Verifica se non è già stato aperto ed apri di corsa un bug, potrebbe anche essere un mirror compromesso.

----------

## cloc3

 *djinnZ wrote:*   

> vlc aveva qualche problema di sicurezza

 

dall'indice del forum

purtroppo, però, la versione che lsegalla sta installando dovrebbe superare il bug.

io ho aggiornato senza problemi.

----------

## lsegalla

oggi stavo per aprire il bug, avevo compilato metà campi poi nello scrupolo di controllare che non ci fosse già qualcosa di aperto ho perso un sacco di tempo... e lavora di qui e lavora di là anche oggi la giornata lavorativa è finita e adesso mi sa che non vedro' il pc del lavoro per qualche giorno...
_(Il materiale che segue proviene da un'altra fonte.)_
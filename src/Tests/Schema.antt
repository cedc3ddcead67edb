-- ===== src/Tests/Schema.antt =====
-- A small schema, and the theorems on the schema plugins at it.
use mathlib.Core.List.{flat_map}
use mathlib.Core.List.Permᴰ.{swap}
use muen.Base.{
  List, [], ◌∷◌, ◌++◌, some, Str, codes, Result, ok, err, ◌>>=◌, ◌≡◌, refl, value_error, name_error,
  if◌then◌else◌, ◌==◌, list_eq, nat_eq,
}
use muen.Base.Dict.{lookup, insert}
use muen.Base.Text.{split}
use muen.Xml.Names.{expanded}
use muen.Xml.Steps.{local_part, reaches, update_walk, path_text}
use muen.Xml.Tree.{Tree, tree, elem, tree-IsLawful}
use muen.Xml.Tree.Named.{names-IsNamed}
use muen.Xml.Tree.Prefixes.{names}
use muen.Xsd.Groups.{
  universal_starting_group_defined, insert_universal_starting_group, insert_usg_in_complex_type,
  insert_from, insert_usg_in_sequence, insert_children_from_string,
  universal_starting_group_definition,
}
use muen.Xsd.{node_text, node_to_string}
use muen.XsdDoc.{
  documentation_type_definition, add_documentation, documentation_type_defined,
  doc_in_universal_starting_group, insert_doc_in_universal_starting_group, doc_path, group_step,
  sequence_step, doc_step,
}
use muen.XsdDoc.Children.{placed, children-insert_children_from_string}
use muen.XsdDoc.Documented.{
  IsParsed, IsDocumented, add_documentation-IsDocumented, add_documentation_idempotent,
}
use muen.Xsd.Sorting.{sort}
use muen.Xsd.Order.{node_to_string_perm}
use muen.Xsd.Types.{insert_usg_in_complex_type_idempotent}
use muen.Xsd.Content.{view}
use muen.Xsd.Content.Content.{elements}
use muen.Xsd.Returns.{insert_usg_in_complex_type_returns}

abbrev xs : Str → Str
xs name = expanded (codes "http://www.w3.org/2001/XMLSchema") ++ name

abbrev annotation : Tree
annotation = elem (xs (codes "annotation")) [] []

abbrev choice : Tree
choice =
    elem (xs (codes "choice")) []
      (elem (xs (codes "element")) ((codes "name", codes "memory") ∷ []) [] ∷ [])

abbrev attribute : Tree
attribute = elem (xs (codes "attribute")) ((codes "name", codes "size") ∷ []) []

abbrev complex : List Tree → Tree
complex cs = elem (xs (codes "complexType")) ((codes "name", codes "memoryType") ∷ []) cs

abbrev choice_type : Tree
choice_type = complex (annotation ∷ choice ∷ attribute ∷ [])

abbrev group_reference : Tree
group_reference =
    elem (xs (codes "group")) ((codes "ref", codes "universal_starting_group") ∷ []) []

abbrev started_type : Tree
started_type =
    complex (
      annotation ∷ elem (xs (codes "sequence")) [] (group_reference ∷ choice ∷ []) ∷ attribute ∷ [])

choice_type_started : insert_usg_in_complex_type tree names [] choice_type ≡ ok started_type
unfolding insert_usg_in_complex_type insert_from insert_usg_in_sequence node_text sort split lookup
    insert
choice_type_started = refl

insert_usg_in_complex_type_idempotent_example :
    insert_usg_in_complex_type tree names [] started_type ≡ ok started_type
insert_usg_in_complex_type_idempotent_example =
    insert_usg_in_complex_type_idempotent tree names tree-IsLawful names-IsNamed [] [] choice_type
      started_type choice_type_started

choice_type-view :
    view tree names [] (tree.children choice_type)
    ≡ some (elements (annotation ∷ []) (choice ∷ []) (attribute ∷ []))
unfolding split lookup
choice_type-view = refl

insert_usg_in_complex_type_returns_example :
    (n : Tree) × (insert_usg_in_complex_type tree names [] choice_type ≡ ok n)
unfolding split
insert_usg_in_complex_type_returns_example =
    insert_usg_in_complex_type_returns tree names tree-IsLawful names-IsNamed [] choice_type
      (elements (annotation ∷ []) (choice ∷ []) (attribute ∷ [])) choice_type-view
      (codes "choice", refl)

-- A type with no children reads a variable that has no value.
empty_type_raises : insert_usg_in_complex_type tree names [] (complex []) ≡ err name_error
unfolding insert_usg_in_complex_type insert_from
empty_type_raises = refl

abbrev first_order : Tree
first_order =
    elem (xs (codes "element")) ((codes "name", codes "a") ∷ (codes "type", codes "b") ∷ []) []

abbrev second_order : Tree
second_order =
    elem (xs (codes "element")) ((codes "type", codes "b") ∷ (codes "name", codes "a") ∷ []) []

node_to_string_perm_example :
    node_to_string tree names first_order ≡ node_to_string tree names second_order
node_to_string_perm_example =
    node_to_string_perm tree names first_order second_order refl refl (∣ swap refl refl ∣₁)

abbrev group_definition : Tree
group_definition =
    elem (xs (codes "group")) ((codes "name", codes "universal_starting_group") ∷ [])
      (annotation ∷ elem (xs (codes "sequence")) [] [] ∷ [])

abbrev documentation_types : List Tree
documentation_types =
    elem (xs (codes "complexType")) ((codes "name", codes "documentationType") ∷ [])
      (annotation ∷ elem (xs (codes "simpleContent")) [] [] ∷ [])
    ∷ elem (xs (codes "simpleType")) ((codes "name", codes "docTypeType") ∷ []) (annotation ∷ [])
    ∷ []

-- A parser that knows two texts
abbrev fromstring : Str → Result Tree
fromstring text =
    if text == universal_starting_group_definition
    then ok (elem (codes "dummy_root") [] (group_definition ∷ []))
    else if text == documentation_type_definition
    then ok (elem (codes "dummy_root") [] documentation_types)
    else err (value_error (codes "not known"))

abbrev group_parsed : Tree
group_parsed = elem (codes "dummy_root") [] (group_definition ∷ [])

children-insert_children_from_string_example :
    (insert_children_from_string tree names fromstring choice_type
        universal_starting_group_definition
        (some (codes "bottom"))
      >>= (λ root'. ok (tree.children root')))
    ≡ placed (some (codes "bottom")) (group_definition ∷ []) (annotation ∷ choice ∷ attribute ∷ [])
children-insert_children_from_string_example =
    children-insert_children_from_string tree names tree-IsLawful fromstring choice_type
      group_parsed universal_starting_group_definition (some (codes "bottom")) refl

abbrev schema : List Tree → Tree
schema cs = elem (xs (codes "schema")) [] cs

abbrev doc : Tree
doc =
    elem (xs (codes "element"))
      ((codes "name", codes "doc")
        ∷ (codes "type", codes "documentationType")
        ∷ (codes "minOccurs", codes "0")
        ∷ (codes "maxOccurs", codes "unbounded")
        ∷ [])
      []

abbrev group_with_doc : Tree
group_with_doc =
    elem (xs (codes "group")) ((codes "name", codes "universal_starting_group") ∷ [])
      (annotation ∷ elem (xs (codes "sequence")) [] (doc ∷ []) ∷ [])

abbrev documented : Tree
documented = schema (documentation_types ++ (group_with_doc ∷ started_type ∷ []))

parsed : IsParsed tree names fromstring
unfolding reaches local_part split lookup
parsed =
    (group_parsed, elem (codes "dummy_root") [] documentation_types, refl, refl, refl, refl, refl)

schema-documented :
    add_documentation tree names fromstring (schema (choice_type ∷ [])) ≡ ok documented
unfolding add_documentation universal_starting_group_defined insert_universal_starting_group
    documentation_type_defined doc_in_universal_starting_group
    insert_doc_in_universal_starting_group insert_children_from_string update_walk
    insert_usg_in_complex_type insert_from insert_usg_in_sequence node_text sort split lookup insert
    local_part flat_map
schema-documented = refl

add_documentation-IsDocumented_example : IsDocumented tree names documented
add_documentation-IsDocumented_example =
    add_documentation-IsDocumented tree names tree-IsLawful names-IsNamed fromstring parsed
      (schema (choice_type ∷ [])) documented schema-documented

documented_again : add_documentation tree names fromstring documented ≡ ok documented
documented_again =
    add_documentation_idempotent tree names tree-IsLawful names-IsNamed fromstring parsed
      (schema (choice_type ∷ [])) documented schema-documented

-- The text of the paths, and their steps
doc_path_text : path_text (group_step ∷ sequence_step ∷ doc_step ∷ []) ≡ doc_path
doc_path_text = refl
appena torno faccio un aggiornamento e anche un emerge per vedere se la cosa si sistema per capire se è un ebuild sputtanato ma al momento non ho piu' i dati sottomano per riportare il tutto nel dettaglio o fare prove... oppure provo ad aggiornare a quella versione che hai linkato prima

(che dite? lo apro ora con quel che ho?)

----------

## cloc3

 *lsegalla wrote:*   

> 
> 
> (che dite? lo apro ora con quel che ho?)

 

avresti dovuto farlo prima.

quello che ti serve è solamente un emerge --info e il testo dell'errore.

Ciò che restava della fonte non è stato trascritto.